Source records:

-- ===== src/Lifecycle/Tests.antt =====
-- An activation in a small directory: src/codekg/graph_lifecycle.py.
use my_kg_codebase.Prelude.{
  ℕ, ◌≡◌, refl, Bool, true, false, Option, none, some, [], ◌∷◌, is_empty, if◌then◌else◌, ◌==◌,
}
use my_kg_codebase.Prelude.Text.{Text, codes, text_eq}
use my_kg_codebase.Prelude.Dict.{lookup, insert, remove}
use my_kg_codebase.Lifecycle.Files.{
  FilePath, full_path, Payload, Disk, Result, ok, inspect, read_bytes, read_if_exists, operate,
  unlink_if_exists, write_and_move, atomic_write,
}
use my_kg_codebase.Lifecycle.Activate.{
  Activation, Rollback, reject_symlinks, reject_symlink_path, validated, switch, activate_registry,
  rollback_registry,
}
use my_kg_codebase.Lifecycle.Activated.{IsActivation, activate_registry-IsActivation}
use my_kg_codebase.Lifecycle.RolledBack.{
  IsRollback, rollback_registry-IsRollback, rollback-activate,
}

abbrev in_etc : Text → FilePath
in_etc name = record { parent = codes "etc" ∷ []; name = name }

abbrev new_registry : FilePath
new_registry = in_etc (codes "new")

abbrev live_registry : FilePath
live_registry = in_etc (codes "live")

abbrev etc : Disk
etc = record {
  files = (codes "/etc/new", 1 ∷ 2 ∷ []) ∷ (codes "/etc/live", 3 ∷ []) ∷ [];
  operations = 0;
  history = [];
}

abbrev never : ℕ → Bool
never n = false

abbrev at_the_ninth : ℕ → Bool
at_the_ninth n = n == 8

abbrev no_random : ℕ → Text
no_random n = codes "x"

abbrev no_links : Text → Option Bool
no_links path = some false

-- A registry is its bytes; an empty file is none.
abbrev load_bytes : Payload → Option Payload
load_bytes payload = if is_empty payload then none else some payload

abbrev one_graph : Payload → ℕ
one_graph registry = 1

abbrev passes : Payload → Bool
passes registry = true

abbrev activated : (ℕ → Bool) → Result Activation × Disk
activated fails =
    activate_registry fails no_random no_links load_bytes one_graph passes new_registry
      live_registry etc

new_is_live : lookup (codes "/etc/live") (activated never).1.files ≡ some (1 ∷ 2 ∷ [])
unfolding activate_registry reject_symlink_path reject_symlinks validated switch read_bytes
    read_if_exists inspect atomic_write operate unlink_if_exists write_and_move lookup insert remove
    text_eq
new_is_live = refl

-- The first operation of the second write fails: the old registry is still live, and kept.
old_stays_live : lookup (codes "/etc/live") (activated at_the_ninth).1.files ≡ some (3 ∷ [])
unfolding activate_registry reject_symlink_path reject_symlinks validated switch read_bytes
    read_if_exists inspect atomic_write operate unlink_if_exists write_and_move lookup insert remove
    text_eq
old_stays_live = refl

activate_registry-IsActivation_example :
    IsActivation never no_random no_links load_bytes one_graph passes new_registry live_registry etc
      (activate_registry never no_random no_links load_bytes one_graph passes new_registry
        live_registry etc)
activate_registry-IsActivation_example =
    activate_registry-IsActivation never no_random no_links load_bytes one_graph passes new_registry
      live_registry etc refl

abbrev rolled_back : Result Rollback × Disk
rolled_back =
    rollback_registry never no_random no_links load_bytes one_graph passes live_registry none
      (record (activated never).1 { history = [] })

abbrev after_activation : Activation
after_activation = record {
  active_registry = codes "/etc/live";
  previous_registry = some (codes "/etc/live.previous");
  generation_count = 1;
}

abbrev after_rollback : Rollback
after_rollback = record { active_registry = codes "/etc/live"; restored_graphs = 1 }

activation_returns : activated never ≡ (ok after_activation, (activated never).1)
unfolding activate_registry reject_symlink_path reject_symlinks validated switch read_bytes
    read_if_exists inspect atomic_write operate unlink_if_exists write_and_move lookup insert remove
    text_eq
activation_returns = refl

rollback_returns : rolled_back ≡ (ok after_rollback, rolled_back.1)
unfolding activate_registry rollback_registry reject_symlink_path reject_symlinks validated switch
    read_bytes read_if_exists inspect atomic_write operate unlink_if_exists write_and_move lookup
    insert remove text_eq
rollback_returns = refl

live_before : lookup (codes "/etc/live") etc.files ≡ some (3 ∷ [])
unfolding lookup text_eq
live_before = refl

rollback_registry-IsRollback_example :
    IsRollback never no_random no_links load_bytes one_graph passes live_registry new_registry etc (
      rollback_registry never no_random no_links load_bytes one_graph passes live_registry
        (some new_registry)
        etc)
rollback_registry-IsRollback_example =
    rollback_registry-IsRollback never no_random no_links load_bytes one_graph passes live_registry
      (some new_registry) etc refl

rollback-activate_example : lookup (full_path live_registry) rolled_back.1.files ≡ some (3 ∷ [])
rollback-activate_example =
    rollback-activate never no_random no_links load_bytes one_graph passes new_registry
      live_registry etc (activated never).1 rolled_back.1 (3 ∷ []) after_activation after_rollback
      refl live_before activation_returns rollback_returns
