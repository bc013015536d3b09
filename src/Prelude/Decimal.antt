-- ===== src/Prelude/Decimal.antt =====
-- Python's str of a natural number, and that a text which begins with one tells it.
use Prim.Native.Nat.{ℕ, zero, suc, ◌+◌, ◌-◌, ◌*◌, ◌/◌, ◌%◌, ◌<◌}
use mathlib.Core.Path.{◌≡◌, refl, sym, ap, ◌∙◌}
use mathlib.Core.Logic.{◌≢◌, inl, inr}
use mathlib.Core.List.{[], ◌∷◌, ◌++◌}
use native.Mathlib.Omega.{arith}
use my_kg_codebase.Prelude.Tests.{ltb, if◌then◌else◌, Bool-cases}
use my_kg_codebase.Prelude.Lists.{All}
use my_kg_codebase.Prelude.Text.{Text}

-- The digits of a number that has at most so many.
digits_within : ℕ → ℕ → Text
digits_within zero n = []
digits_within (suc places) n =
    let front = digits_within places (n / 10) in
    if ltb n 10 then (b'0' + n) ∷ [] else front ++ (b'0' + n % 10) ∷ []

-- str(n): a number has at most one place more than its value.
unfoldable pub digits : ℕ → Text
unfolding digits_within
digits n = digits_within (suc n) n

-- The number that a text of digits stands for, behind what was read before.
value_from : ℕ → Text → ℕ
value_from n [] = n
value_from n (c ∷ s) = value_from (n * 10 + (c - b'0')) s

value_from-append :
    (n c : ℕ) (s : Text) → value_from n (s ++ c ∷ []) ≡ value_from n s * 10 + (c - b'0')
unfolding value_from
value_from-append n c [] = refl
value_from-append n c (d ∷ s) = value_from-append (n * 10 + (d - b'0')) c s

value_from-digits_within : (places n : ℕ) → n < places → value_from 0 (digits_within places n) ≡ n
unfolding digits_within value_from
value_from-digits_within zero n h = absurd (omega arith)
value_from-digits_within (suc places) n h = elim (Bool-cases (ltb n 10)) [
  | inl e ↦ rw e (omega arith)
  | inr e ↦
      let small : n / 10 < places = ground (arith, e, h) in
      rw
        (
          e,
          value_from-append 0 (b'0' + n % 10) (digits_within places (n / 10)),
          value_from-digits_within places (n / 10) small,
        )
        (omega arith)
]

digits_inj : (m n : ℕ) → digits m ≡ digits n → m ≡ n
unfolding digits
digits_inj m n h =
    sym (value_from-digits_within (suc m) m (omega arith))
    ∙ ap (value_from 0) h
    ∙ value_from-digits_within (suc n) n (omega arith)

-- A character that is not the colon.
abbrev NotColon : ℕ → Type 0
NotColon c = c ≢ b':'

All-snoc : (s : Text) (c : ℕ) → All NotColon s → NotColon c → All NotColon (s ++ c ∷ [])
All-snoc [] c h k = (k, tt)
All-snoc (d ∷ s) c h k = (h.0, All-snoc s c h.1 k)

digits_within-colon : (places n : ℕ) → All NotColon (digits_within places n)
unfolding digits_within
digits_within-colon zero n = tt
digits_within-colon (suc places) n = elim (Bool-cases (ltb n 10)) [
  | inl e ↦ rw e ((λ h. ground (arith, e, h)), tt)
  | inr e ↦ rw e (
      All-snoc (digits_within places (n / 10)) (b'0' + n % 10) (digits_within-colon places (n / 10))
        (λ h. omega arith))
]

-- A text without colons ends where the first colon stands.
colon_split :
    (s t u v : Text)
    → All NotColon s
    → All NotColon t
    → s ++ (b':' ∷ u) ≡ t ++ (b':' ∷ v)
    → (s ≡ t) × (u ≡ v)
colon_split [] [] u v a b h = (refl, cc h)
colon_split [] (d ∷ t) u v a b h = absurd (b.0 (cc h))
colon_split (c ∷ s) [] u v a b h = absurd (a.0 (cc h))
colon_split (c ∷ s) (d ∷ t) u v a b h =
    let (same, rest) = colon_split s t u v a.1 b.1 (cc h) in (cc (h, same), rest)

-- A number before a colon, and what follows the colon, can be told from the text.
pub digits_colon_inj :
    (m n : ℕ) (u v : Text) → digits m ++ (b':' ∷ u) ≡ digits n ++ (b':' ∷ v) → (m ≡ n) × (u ≡ v)
unfolding digits
digits_colon_inj m n u v h =
    let (same, rest) =
      colon_split (digits m) (digits n) u v (digits_within-colon (suc m) m)
        (digits_within-colon (suc n) n) h in
    (digits_inj m n same, rest)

### [Work request]
Pick each line holding "Bool" out of the entries above and return it.

### [Exercise result]
  ℕ, ◌≡◌, refl, Bool, true, false, Option, none, some, [], ◌∷◌, is_empty, if◌then◌else◌, ◌==◌,
abbrev never : ℕ → Bool
abbrev at_the_ninth : ℕ → Bool
abbrev no_links : Text → Option Bool
abbrev passes : Payload → Bool
abbrev activated : (ℕ → Bool) → Result Activation × Disk
use my_kg_codebase.Prelude.Tests.{ltb, if◌then◌else◌, Bool-cases}
value_from-digits_within (suc places) n h = elim (Bool-cases (ltb n 10)) [
digits_within-colon (suc places) n = elim (Bool-cases (ltb n 10)) [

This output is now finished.